Worms whack half of businesses

Most companies have upped security spending, but that hasn't stopped pests from invading corporate networks, survey finds.

Robert Lemos Staff Writer, CNET News.com
Robert Lemos
covers viruses, worms and other security threats.
Robert Lemos
2 min read
Almost half of businesses have had a worm outbreak in the last year, despite increases in security spending on compliance efforts, according to a recent survey.

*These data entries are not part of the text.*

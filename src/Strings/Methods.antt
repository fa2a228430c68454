-- ===== src/Strings/Methods.antt =====
-- Methods that strings and dynamic strings share: s_getindex, s_in, s_length, s_compare and s_eq of
-- src/core/e_string.c with their likes in src/core/e_dstring.c, and eel_s_char_in of e_string.h.
use eel.Prelude.{
  ℕ, suc, ◌-◌, ◌%◌, ◌≡◌, ◌↔◌, ap, inl, inr, Bool-cases, Bool, true, false, not, ◌&&◌, Option, none,
  some, List, [], ◌∷◌, arith, ltb, ◌==◌, if◌then◌else◌, length, get_or,
}
use eel.Prelude.Int.{ℤ, pos, negsuc}
use eel.Exceptions.{Result, ok, exception, xwrongtype, xlowindex, xhighindex, xnotimplemented}
use eel.Strings.{s_str_in, s_cmp}
use eel.Strings.Search.{s_cmp_lem}

-- A string, or a dynamic string: its address and bytes.
pub record Text : Type 0 where
  pub dynamic : Bool
  pub address : ℕ
  pub bytes : List ℕ

-- An operand: no object, of which the number is taken if it has one, a text, or another object.
pub data Operand : Type 0 where
  plain : Option ℤ → Operand
  text : Text → Operand
  object : Operand

unfoldable pub same_kind : Text → Text → Bool
same_kind a b = if a.dynamic then b.dynamic else not b.dynamic

-- "Same instance!"
unfoldable pub same_instance : Text → Text → Bool
unfolding same_kind
same_instance a b = same_kind a b && a.address == b.address

-- `s_compare` and `ds_compare`
unfoldable pub compare_text : Text → Text → ℤ
unfolding same_instance
compare_text a b =
    if same_instance a b
    then pos 0
    else (if ltb (length b.bytes) (length a.bytes)
        then pos 1
        else (if ltb (length a.bytes) (length b.bytes)
            then negsuc 0
            else s_cmp a.bytes b.bytes (length b.bytes)))

unfoldable pub compare_with : Text → Operand → Result ℤ
unfolding compare_text
compare_with a (plain n) = exception xwrongtype
compare_with a (text b) = ok (compare_text a b)
compare_with a object = exception xnotimplemented

unfoldable pub is_zero : ℤ → Bool
is_zero (pos n) = n == 0
is_zero (negsuc n) = false

-- `s_eq` and `ds_eq`: two of one kind are equal only as the same instance.
unfoldable pub eq_with : Text → Operand → Bool
unfolding same_kind compare_text is_zero
eq_with a (plain n) = false
eq_with a (text b) = if same_kind a b then a.address == b.address else is_zero (compare_text a b)
eq_with a object = false

-- `eel_s_char_in`: the first place of a byte, from place `i` on; `none` is the Boolean false.
unfoldable pub char_in : ℕ → ℕ → List ℕ → Option ℕ
char_in c i [] = none
char_in c i (x ∷ xs) = let rest = char_in c (suc i) xs in if x == c then some i else rest

-- The byte of an `int`, as `memchr` takes it.
unfoldable pub low_byte : ℤ → ℕ
low_byte (pos n) = n % 256
low_byte (negsuc n) = 255 - n % 256

-- `s_in` and `ds_in`; the inner `none` is the Boolean false.
unfoldable pub in_text : Text → Operand → Result (Option ℕ)
unfolding char_in low_byte same_instance
in_text a (plain none) = exception xwrongtype
in_text a (plain (some c)) = ok (char_in (low_byte c) 0 a.bytes)
in_text a (text b) = ok (if same_instance a b then some 0 else s_str_in a.bytes b.bytes)
in_text a object = exception xwrongtype

-- `s_getindex` and `ds_getindex`, by the index once it is an `int`.
unfoldable pub getindex : Text → Option ℤ → Result ℤ
getindex a none = exception xwrongtype
getindex a (some (negsuc n)) = exception xlowindex
getindex a (some (pos i)) =
    if ltb i (length a.bytes) then ok (pos (get_or a.bytes i 0 % 256)) else exception xhighindex

-- What is at one address is one text.
abbrev pub IsOneText : Text → Text → Type 0
IsOneText a b = same_instance a b ≡ true → a.bytes ≡ b.bytes

same_instance_sym : (a b : Text) → same_instance a b ≡ same_instance b a
unfolding same_instance same_kind
same_instance_sym a b = ground arith

-- Comparing gives 0 just for texts with the same bytes, whether strings or dynamic strings, and
-- exchanging the two exchanges the signs, where one address holds one text.
pub compare_text_lem :
    (a b : Text)
    → IsOneText a b
    → ((compare_text a b ≡ pos 0) ↔ (a.bytes ≡ b.bytes))
      × ((compare_text a b ≡ pos 1) ↔ (compare_text b a ≡ negsuc 0))
unfolding compare_text
compare_text_lem a b one = elim (Bool-cases (same_instance a b)) [
  | inl e ↦ ground (arith, e, one e, same_instance_sym a b)
  | inr e ↦ elim (Bool-cases (length a.bytes == length b.bytes)) [
    | inl l ↦
        let q : length a.bytes ≡ length b.bytes = ground (arith, l) in
        ground (
          arith,
          e,
          l,
          q,
          same_instance_sym a b,
          s_cmp_lem a.bytes b.bytes q,
          ap (s_cmp a.bytes b.bytes) q,
          ap (s_cmp b.bytes a.bytes) q,
        )
    | inr l ↦ ground (arith, e, l, same_instance_sym a b, λ (p : a.bytes ≡ b.bytes). ap length p)
  ]
]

The survey, released Monday by security company Mazu Networks and the Enterprise Strategy Group, found that almost 75 percent of companies boosted security spending in 2004 to comply with regulations set by the Sarbanes-Oxley Act.

Despite those efforts, only 14 percent of respondents said they were "very confident" that their networks would repel all threats this year.

"I think this is a bit of a wake-up call," said Tom Corn, vice president of marketing for Mazu Networks. "Not a lot of folks have confidence that they have mechanisms and processes in place to protect themselves."

The survey, which polled 229 information technology professionals about their corporate networks, came as another report suggested that virus writers and online attackers are becoming more focused on using their skills to earn cash from fraud and identity theft.

The polled IT professionals had a similar story to tell, according to Corn. "We are starting to see a lot of these threats less for bragging rights and more about creating armies of system zombies and bots--there is a strong financial model for that," he said.

About 47 percent of all respondents had a worm infect a company network in the past year, the Mazu survey found. An eighth of those businesses had more than 25 percent of their network compromised during the incident.

However, the worry of worms has not helped close some major vulnerabilities at the companies, the survey indicated.

Almost 25 percent of all companies had an internal breach in 2004, and 40 percent of those incidents interrupted a critical service. Almost half of the IT professionals surveyed found active accounts belonging to ex-employees, and a third found rogue wireless access points in their network.

Companies involved in the survey were required to have at least 1,000 employees. They represented more than 18 different industries.